By Harold Isaac
PORT-AU-PRINCE (Reuters) – Gangs killed a former Haitian senator who led a government housing program on Saturday in an affluent area of Port-au-Prince, the prime minister said on Sunday, amid a spike in violence by criminal groups in the Caribbean nation’s capital.
Yvon Buissereth was shot while police battled with gangs in the neighborhood of Laboule, following an outbreak of violence in recent weeks in Port-au-Prince and a turf war in the town of Cite Soleil that left 148 people lost, wounded or missing.
“His killers, as well as all the other criminals who sow mourning in the country, will be fully prosecuted and must answer for their ignominious actions in court,” Prime Minister Ariel Henry wrote on Twitter.
Buissereth served as a senator starting in 2006 and was named in 2017 to head the Public Company for the Promotion of Social Housing, known as EPPLS.
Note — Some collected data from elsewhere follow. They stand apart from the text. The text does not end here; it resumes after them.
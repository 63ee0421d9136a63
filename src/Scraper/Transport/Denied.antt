-- ===== src/Scraper/Transport/Denied.antt =====
-- That a denial of the portal reaches the denial policy through scraper/transport.py.
use homez.Prelude.{
  ℕ, zero, suc, ◌+◌, ◌-◌, ◌≤◌, ◌<◌, ◌≡◌, ◌⊎◌, inl, inr, refl, min, false, not, ◌&&◌, String, List,
  [], ◌∷◌, Option, some, ok, ap, Bool-cases, length, leb, ltb, le→leb, ◌==◌, arith,
}
use homez.Scraper.DenialPolicy.{
  RouteClass, ResponseClassification, portal_denial, make_evidence, is_denial, classify_response,
}
use homez.Scraper.Transport.{
  max_page_bytes, chunk_bytes, FetchRequest, Fetched, failed, TransportError, make_error,
  evidence_of, bytes, Outside, Answer,
}
use homez.Scraper.Transport.Body.{discard}
use homez.Scraper.Transport.Fetch.{
  Setting, reject, conclude_discard, take_answer, send_request, fetch,
}
use homez.Scraper.Transport.RetryAfter.{retry_after}

-- No read raises, or gives something else than bytes or more than was asked for.
abbrev pub ReadsWithin : {S D : Type 0} → Outside S D → Type 0
ReadsWithin {S} o =
    (n : ℕ) (s : S)
    → (chunk : List ℕ) × (rest : S) × (o.read n s ≡ (bytes chunk, rest)) × (length chunk ≤ n)

abbrev Few : Option (Option ℕ) → Type 0
Few r = (t : ℕ) × (r ≡ some (some t)) × (t ≤ 2000000)

module _ {S D : Type 0} (o : Outside S D) (reads : ReadsWithin o) where
  discard-Few :
      (fuel deadline i transferred : ℕ) (s : S)
      → max_page_bytes - transferred < fuel
      → transferred ≤ max_page_bytes
      → Few (discard o fuel deadline i transferred s)
  unfolding discard
  discard-Few zero deadline i transferred s enough few = absurd (omega arith)
  discard-Few (suc fuel) deadline i transferred s enough few =
      elim (Bool-cases (ltb transferred max_page_bytes && not (leb deadline (o.monotonic i)))) [
        | inr stops ↦ rw (Few, discard, stops) (transferred, refl, few)
        | inl goes ↦
            (let (chunk, rest, e, short) =
                reads (min chunk_bytes (max_page_bytes - transferred)) s in
              rw (Few, discard, goes, e)
                (go (λ t r. discard-Few fuel deadline (i + 1) t r) chunk
                  (o.read (min chunk_bytes (max_page_bytes - transferred)) s).1 short))
      ]
    where
      go :
          ((t : ℕ) (r : S)
            → max_page_bytes - t < fuel
            → t ≤ max_page_bytes
            → Few (discard o fuel deadline (i + 1) t r))
          → (chunk : List ℕ) (rest : S)
          → length chunk ≤ min chunk_bytes (max_page_bytes - transferred)
          → Few (elim chunk [
            | [] ↦ some (some transferred)
            | b ∷ bs ↦ discard o fuel deadline (i + 1) (transferred + length (b ∷ bs)) rest
          ])
      go again [] rest short = (transferred, refl, few)
      go again (b ∷ bs) rest short =
          again (transferred + length (b ∷ bs)) rest (omega arith) (omega arith)

-- what the error of a fetch is classified as
abbrev pub ClassifiedAs : RouteClass → Option Fetched → ResponseClassification → Type 0
ClassifiedAs route r c =
    (e : TransportError) × (r ≡ some (failed e)) × (classify_response route e.evidence ≡ c)

-- the statuses of a denial
abbrev pub IsDenied : ℕ → Type 0
IsDenied status = (status ≡ 403) ⊎ (status ≡ 429)

-- the error of a rejected response
abbrev rejected : ℕ → Option ℕ → ℕ → TransportError
rejected status delay transferred = record {
  message = "capture response rejected";
  evidence = evidence_of (some status) delay;
  transferred_bytes = transferred;
}

make_error-rejected :
    (status : ℕ) (delay : Option ℕ) (transferred : ℕ)
    → 100 ≤ status
    → status ≤ 599
    → transferred ≤ 2000000
    → make_error "capture response rejected" (some status) delay transferred
      ≡ ok (rejected status delay transferred)
unfolding make_error make_evidence
make_error-rejected status delay transferred from to few =
    rw (le→leb _ _ few, le→leb _ _ from, le→leb _ _ to) refl

classify_response-denied :
    (route : RouteClass) (status : ℕ) (delay : Option ℕ)
    → IsDenied status
    → classify_response route (evidence_of (some status) delay) ≡ portal_denial
unfolding classify_response is_denial
classify_response-denied route status delay (inl forbidden) = rw forbidden refl
classify_response-denied route status delay (inr limited) = rw limited refl

module _ {S D : Type 0} (o : Outside S D) (w : Setting S) (answer : Answer S) where
  reject-rejected :
      (transferred : ℕ)
      → 100 ≤ answer.status
      → answer.status ≤ 599
      → transferred ≤ 2000000
      → reject o w answer transferred
        ≡ failed (
            rejected answer.status (retry_after w.parsedate w.clock answer.retry_after) transferred)
  unfolding reject
  reject-rejected transferred from to few =
      rw
        (
          reject,
          make_error-rejected answer.status (retry_after w.parsedate w.clock answer.retry_after)
              transferred from to few,
        )
        refl

  take_answer-denied :
      (deadline : ℕ) (route : RouteClass)
      → ReadsWithin o
      → IsDenied answer.status
      → ClassifiedAs route (take_answer o w deadline (some answer)) portal_denial
  unfolding take_answer conclude_discard
  take_answer-denied deadline route reads denied =
      let bad : (answer.status == 200) ≡ false = ground arith in
      let (t, e, few) =
        discard-Few o reads (suc max_page_bytes) deadline 1 0 answer.stream (omega arith)
          (omega arith) in
      rw (bad, e)
        (
          _,
          ap some (reject-rejected t (ground arith) (ground arith) few),
          classify_response-denied route answer.status _ denied,
        )

-- If a portal answers the request for a listing with status 403 or 429, and no read of its body
-- raises or gives more than was asked for, then the fetch fails with evidence that the denial policy
-- classifies as a denial by the portal, by either route and whenever the deadline passes.
pub fetch-denied :
    {S D : Type 0} (o : Outside S D) (w : Setting S) (request : FetchRequest) (url : String)
    (answer : Answer S) (route : RouteClass)
    → ReadsWithin o
    → w.validate request.source request.canonical_url ≡ some url
    → w.connect
        (record { source = request.source; canonical_url = url; route_id = request.route_id })
      ≡ some answer
    → IsDenied answer.status
    → ClassifiedAs route (fetch o w request) portal_denial
unfolding fetch send_request
fetch-denied o w request url answer route reads valid connected denied =
    rw (valid, connected)
      (take_answer-denied o w answer (o.monotonic 0 + w.timeout) route reads denied)
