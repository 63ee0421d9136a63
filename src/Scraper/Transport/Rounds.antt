-- ===== src/Scraper/Transport/Rounds.antt =====
-- That the loops of scraper/transport.py end, and what their rounds keep.
use homez.Prelude.{
  ℕ, zero, suc, ◌+◌, ◌-◌, ◌≤◌, ◌<◌, ◌≡◌, refl, min, true, not, ◌&&◌, ◌||◌, List, [], ◌∷◌, Option,
  none, some, Bool-cases, if_both, is_some, String, ◌⊎◌, inl, inr, subst, length, leb, ltb, arith,
}
use homez.Scraper.Transport.{max_page_bytes, chunk_bytes, Read, raised, other, bytes, Outside}
use homez.Scraper.Transport.Body.{
  Progress, Round, more, ended, refused, read_limit, within_body, take_decoded, extend_body,
  take_chunk, after_read, round, loop, discard,
}

Round-cases :
    {S D : Type 0} (r : Round S D)
    → ((q : Progress S D) × (r ≡ more q))
      ⊎ (((q : Progress S D) × (r ≡ ended q)) ⊎ ((message : String) × (r ≡ refused message)))
Round-cases (more q) = inl (q, refl)
Round-cases (ended q) = inr (inl (q, refl))
Round-cases (refused message) = inr (inr (message, refl))

Read-cases :
    (r : Read)
    → (r ≡ raised)
      ⊎ ((r ≡ other) ⊎ ((r ≡ bytes []) ⊎ ((b : ℕ) × (chunk : List ℕ) × (r ≡ bytes (b ∷ chunk)))))
Read-cases raised = inl refl
Read-cases other = inr (inl refl)
Read-cases (bytes []) = inr (inr (inl refl))
Read-cases (bytes (b ∷ chunk)) = inr (inr (inr (b, chunk, refl)))

module _ {S D : Type 0} (o : Outside S D) where
  abbrev pub Bounded : Progress S D → Type 0
  Bounded p = (p.transferred ≤ max_page_bytes) × (length p.body ≤ max_page_bytes)

  abbrev RoundOk : ℕ → Round S D → Type 0
  RoundOk before (more q) = (before < q.transferred) × Bounded q
  RoundOk before (ended q) = Bounded q
  RoundOk before (refused message) = Unit

  within_body-RoundOk :
      (before : ℕ) (p : Progress S D)
      → before < p.transferred
      → p.transferred ≤ max_page_bytes
      → RoundOk before (within_body o p)
  within_body-RoundOk before p grown few =
      if_both (RoundOk before) (ltb max_page_bytes (length p.body)) _ _ (λ long. tt)
        λ short. (grown, (few, ground arith))

  take_decoded-RoundOk :
      (before : ℕ) (p : Progress S D) (output : Option (List ℕ × D))
      → before < p.transferred
      → p.transferred ≤ max_page_bytes
      → RoundOk before (take_decoded o p output)
  unfolding take_decoded
  take_decoded-RoundOk before p none grown few = tt
  take_decoded-RoundOk before p (some (out, d)) grown few =
      if_both (RoundOk before) (o.has_unused_data d || o.has_unconsumed_tail d) _ _ (λ bad. tt)
        λ good. within_body-RoundOk before _ grown few

  extend_body-RoundOk :
      (before : ℕ) (p : Progress S D) (chunk : List ℕ) (decoder : Option D)
      → before < p.transferred
      → p.transferred ≤ max_page_bytes
      → RoundOk before (extend_body o p chunk decoder)
  unfolding extend_body
  extend_body-RoundOk before p chunk none grown few = within_body-RoundOk before _ grown few
  extend_body-RoundOk before p chunk (some d) grown few = take_decoded-RoundOk before p _ grown few

  take_chunk-RoundOk :
      (p : Progress S D) (chunk : List ℕ) → Bounded p → RoundOk p.transferred (take_chunk o p chunk)
  unfolding take_chunk
  take_chunk-RoundOk p [] h = h
  take_chunk-RoundOk p (b ∷ chunk) h =
      if_both (RoundOk p.transferred) (ltb max_page_bytes (p.transferred + length (b ∷ chunk))) _ _
        (λ much. tt)
        λ few.
          extend_body-RoundOk p.transferred _ (b ∷ chunk) p.decoder (omega arith) (ground arith)

  after_read-RoundOk :
      (deadline : ℕ) (p : Progress S D) (r : Read) (s : S)
      → Bounded p
      → RoundOk p.transferred (after_read o deadline p (r, s))
  unfolding after_read
  after_read-RoundOk deadline p raised s h = tt
  after_read-RoundOk deadline p other s h =
      if_both (RoundOk p.transferred) (leb deadline (o.monotonic (p.readings + 1))) _ _ (λ late. tt)
        λ early. tt
  after_read-RoundOk deadline p (bytes chunk) s h =
      if_both (RoundOk p.transferred) (leb deadline (o.monotonic (p.readings + 1))) _ _ (λ late. tt)
        λ early.
          if_both (RoundOk p.transferred) (ltb (read_limit o p) (length chunk)) _ _ (λ long. tt)
            λ short. take_chunk-RoundOk _ chunk h

  -- A round that goes on has transferred more, and stays within the bounds.
  round-RoundOk :
      (deadline : ℕ) (p : Progress S D) → Bounded p → RoundOk p.transferred (round o deadline p)
  unfolding round
  round-RoundOk deadline p h =
      if_both (RoundOk p.transferred) (leb deadline (o.monotonic p.readings)) _ _ (λ late. tt)
        λ early. after_read-RoundOk deadline p _ _ h

  abbrev pub LoopOk : Option (Round S D) → Type 0
  LoopOk none = ⊥
  LoopOk (some (more q)) = ⊥
  LoopOk (some (ended q)) = Bounded q
  LoopOk (some (refused message)) = Unit

  -- As many rounds as bytes are left, and one more, suffice.
  pub loop-LoopOk :
      (fuel deadline : ℕ) (p : Progress S D)
      → max_page_bytes - p.transferred < fuel
      → Bounded p
      → LoopOk (loop o fuel deadline p)
  unfolding loop
  loop-LoopOk zero deadline p enough h = absurd (omega arith)
  loop-LoopOk (suc fuel) deadline p enough h =
      let step : RoundOk p.transferred (round o deadline p) = round-RoundOk deadline p h in
      elim (Round-cases (round o deadline p)) [
        | inl (q, e) ↦
            (let kept = subst (RoundOk p.transferred) e step in
              rw (e, LoopOk) (loop-LoopOk fuel deadline q (omega arith) kept.1))
        | inr (inl (q, e)) ↦ rw (e, LoopOk) (subst (RoundOk p.transferred) e step)
        | inr (inr (message, e)) ↦ rw (e, LoopOk) tt
      ]

  pub discard-ends :
      (fuel deadline i transferred : ℕ) (s : S)
      → max_page_bytes - transferred < fuel
      → is_some (discard o fuel deadline i transferred s) ≡ true
  unfolding discard
  discard-ends zero deadline i transferred s enough = absurd (omega arith)
  discard-ends (suc fuel) deadline i transferred s enough =
      elim (Bool-cases (ltb transferred max_page_bytes && not (leb deadline (o.monotonic i)))) [
        | inr stops ↦ rw (stops, is_some) refl
        | inl goes ↦
            rw (goes, is_some)
              (elim (Read-cases (o.read (min chunk_bytes (max_page_bytes - transferred)) s).0) [
                | inl e ↦ rw (e, is_some) refl
                | inr (inl e) ↦ rw (e, is_some) refl
                | inr (inr (inl e)) ↦ rw (e, is_some) refl
                | inr (inr (inr (b, chunk, e))) ↦
                    rw (e, is_some) (discard-ends fuel deadline (i + 1) _ _ (ground arith))
              ])
      ]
The agency focuses on low-income housing and has over the years partnered with foreign institutions such as the World Bank and the U.S. Agency for International Development.
Haitian gangs waged intense gun battles in late July in Port-au-Prince, shuttering main avenues and a municipal market downtown.
Earlier last month, gun battles between rival Haitian gangs near Port-au-Prince left thousands in the small coastal town of Cite Soleil trapped without access to water, food or medical care.